# Survival > Primitive Skills & Technology >  Stones for sharpening, etc

## Hirsh

I have a few large knives and axes that make more sense to sharpen by taking the stone to them, rather than the other way around. I have many stones and such in my yard that I was hoping to use to do this, but have no idea where to begin. Does anyone have any insight as to which types of stones are well suited for sharpening like this? Im not looking to put a new edge on these things, the edge bevels are already established and suitable for my needs. Im really just looking to hone the edge and create a nice sharp point.

Im assuming that a flat, smooth, and dense stone would be good...but thats just all in my head, hopefully someone here has done this before and can really tell me what to look for. Im also aware the roughness of the rock will probably play a big part in how abrasive it will be. I do have some nice water-stones and oil-stones that I use to sharpen woodworking tools, but they are too small for this, and honestly I don't want to drive to the store and spend money on something I know I can just find 10 feet from my door.

Thanks for your help. :Taz:

----------


## Rick

You can't just pick up a stone and use it to sharpen a knife or an axe. The impurities in the stone along with the random density throughout the stone will not give you a uniform edge. That's why commercial stones were developed. You need a stone who's surface is uniform in grain and density and maintains that structure throughout the depth of the stone if you intend to continue using it.

----------


## kyratshooter

We call them "sharpening stones", and some of them are made from natural materials, but there are very few rocks one can pick up from the yard and use to sharpen a tool.

My sugestion to someone with as little experience as you seem to have, is to go to Wallmart and buy a sharpener off the rack.

http://www.walmart.com/ip/Mustad-Del...pener/16563481

A device like this will retain, repair and sharpen the edge of most tools.  They are simple to use and do a fair job.

----------


## Wildthang

Kray, before I would just use any old rock, I would use a cinder block. It will give you a rough hone. I needed to sharpen a hatchet one time, and used a cinder block. It was not a fine polished finish, but it got the edge back. I seriously doubt I would use it on a good knife unless it was a have to case, but for a hoe or hatchet, it works pretty good for a very course sharpening.

----------


## kyratshooter

Just like anything else, if you have the basics of sharpening down you can make many questionable things work, sort of.  Thing is you have to know what you are doing and exactly what to look for.

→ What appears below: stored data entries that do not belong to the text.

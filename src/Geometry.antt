-- ===== src/Geometry.antt =====
-- The zone geometry of ingress/consumer/consumer.py and backend/app/utils/geometry.py, which hold
-- the same functions.
pub mod Floats
pub mod Polygon
pub mod Wkt
pub mod Printed
pub mod Laws
pub mod Grid
mod Tests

When I was a kid I had a section of the cement patio polished smooth and it did wonderful work on my Sabre brand Barlow knife.  My Mom used to hand me her kitchen knives out the back door and demand I put good edges on them.  Fact is, she has always shoved knives at me to sharpen every time I visit the house!

I once "visited" some folks in a tropical region who had a nice flat rock down by the river and they would send their kids down there to sharpen the machettes.

Then there were the people I worked with that made "shanks" by grinding away on the cement floor with anything they could find.

I still like Crash's system better.  A Grizzly Grinder and buffing polish!

For a hatchet, axe, machette or garden impliment I would just as soon have a good file handy.  I am picky about most of my knives though.

----------


## Hirsh

> We call them "sharpening stones", and some of them are made from natural materials, but there are very few rocks one can pick up from the yard and use to sharpen a tool.
> 
> My sugestion to someone with as little experience as you seem to have, is to go to Wallmart and buy a sharpener off the rack.


I do have a good bit of experience with conventional sharpening methods and using the standard commercial stones. As a woodworker I am always challenged to keep my handplanes, chisels, drill bits, etc. sharp in order for them to work. I also grew up working in the woods with my father as a "lumberjack," so I also have basic knowledge on how to use hand-rub stones on axes and what-not. Im not really a big fan of those plastic-handled sharpeners because I dont get to determine the bevel angle that I put on my blade (or axe or whatever). Id rather be able to control that manually, first by grinding my bevel, and then honing a micro-bevel or just retaining the same angle. And then sometimes the angle of those grinding edges inside the sharpener dosent match what the axe or knife already has on it, so if the sharpener is too acute you dont actually sharpen the edge at all, just the shoulder of the bevel. 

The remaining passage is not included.